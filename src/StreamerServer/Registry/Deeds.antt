-- ===== src/StreamerServer/Registry/Deeds.antt =====
-- What cameras and players send to StreamerServer, by what it means, and what the server does.
use live_streamer.Common.{ℕ, ◌<◌, ◌≡◌, List, [], ◌∷◌, length, true, Option, some, ⊤}
use live_streamer.Text.{Text, c_string}
use live_streamer.Buffer.{max_data_size}
use live_streamer.Machine.{M, ok, pure, ◌>>◌}
use live_streamer.Json.{Json}
use live_streamer.Sockets.{bytes}
use live_streamer.StreamerServer.State.{State, Event, sent, ws_sent, closed, on_files}
use live_streamer.StreamerServer.Json.{stream_id_key, status_key, action_key}
use live_streamer.StreamerServer.Comm.{receive}
use live_streamer.StreamerServer.Player
use live_streamer.StreamerServer.Player.{ws_service_callback, status_text}
use live_streamer.StreamerServer.Trigger.{Entry, switch_off_all}
use live_streamer.StreamerServer.Trigger.Reset.{covers, AllRewritable}
use live_streamer.StreamerServer.Threads.{entered}
use live_streamer.StreamerServer.Registry.Board.{Input, arrival, report, ask, reset, IsName, IsWord}

-- The texts that were sent, as their receivers read them.
unfoldable pub said : List Event → List Text
said [] = []
said (sent sock bs ∷ l) = c_string bs ∷ said l
said (ws_sent wsi t ∷ l) = t ∷ said l
said (closed sock ∷ l) = said l

-- What happens to the server, and what it does about it.
pub data Deed : Type 0 where
  connection : ℕ → Deed
  message : List ℕ → Deed
  request : ℕ → Text → Deed
  sweep : List Entry → Deed

-- The text holds an object with a stream and one more member.
pub record Says {Obj : Type 0} (j : Json Obj) (text k id v : Text) : Type 0 where
  pub object : Obj
  pub parsed : j.tokener_parse text ≡ some object
  pub has_id : j.get_ex object stream_id_key ≡ some (some id)
  pub has_value : j.get_ex object k ≡ some (some v)
  pub id-IsName : IsName id
  pub value-IsWord : IsWord v

module _ {Obj : Type 0} ⦃j : Json Obj⦄ where
  unfoldable pub carry_out : (Text → Option ℕ) → Deed → M (State Obj) ⊤
  carry_out lws_write (connection sock) = λ s. (ok tt, entered sock s)
  carry_out lws_write (message bs) = receive (bytes bs)
  carry_out lws_write (request wsi str) =
      ws_service_callback lws_write (some wsi) Player.receive (some str) >> pure tt
  carry_out lws_write (sweep entries) = on_files (switch_off_all entries)

  -- What a deed means as an input of the board. A sweep is a reset if the directory lists every
  -- status file, and nothing else.
  pub data Means (s : State Obj) : Deed → Input → Type 0 where
    arrives : (sock : ℕ) → Means s (connection sock) arrival
    reports :
        (bs : List ℕ) (id status : Text)
        → length bs < max_data_size
        → Says j (c_string bs) status_key id status
        → Means s (message bs) (report id status)
    asks :
        (wsi : ℕ) (str id action : Text)
        → Says j str action_key id action
        → Means s (request wsi str) (ask id action)
    resets :
        (entries : List Entry)
        → AllRewritable s.files entries
        → ((p : Text) (o : Obj) → s.files.at p ≡ some o → covers entries p ≡ true)
        → Means s (sweep entries) reset

  -- The runs of the server, each with its inputs.
  pub data Serves (lws_write : Text → Option ℕ) (s : State Obj)
      : List Input → State Obj → Type 0 where
    idle : Serves lws_write s [] s
    serves :
        {is : List Input} {s' : State Obj} {d : Deed} {i : Input}
        → Serves lws_write s is s'
        → Means s' d i
        → Serves lws_write s (i ∷ is) (carry_out lws_write d s').1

## What you are asked to do:
Give back exactly the lines of the listing above that run from the line with "pub has_value : j.get_ex" to the line with "carry_out lws_write (connection", inclusive.

## Task response:
  pub has_value : j.get_ex object k ≡ some (some v)
  pub id-IsName : IsName id
  pub value-IsWord : IsWord v

module _ {Obj : Type 0} ⦃j : Json Obj⦄ where
  unfoldable pub carry_out : (Text → Option ℕ) → Deed → M (State Obj) ⊤
  carry_out lws_write (connection sock) = λ s. (ok tt, entered sock s)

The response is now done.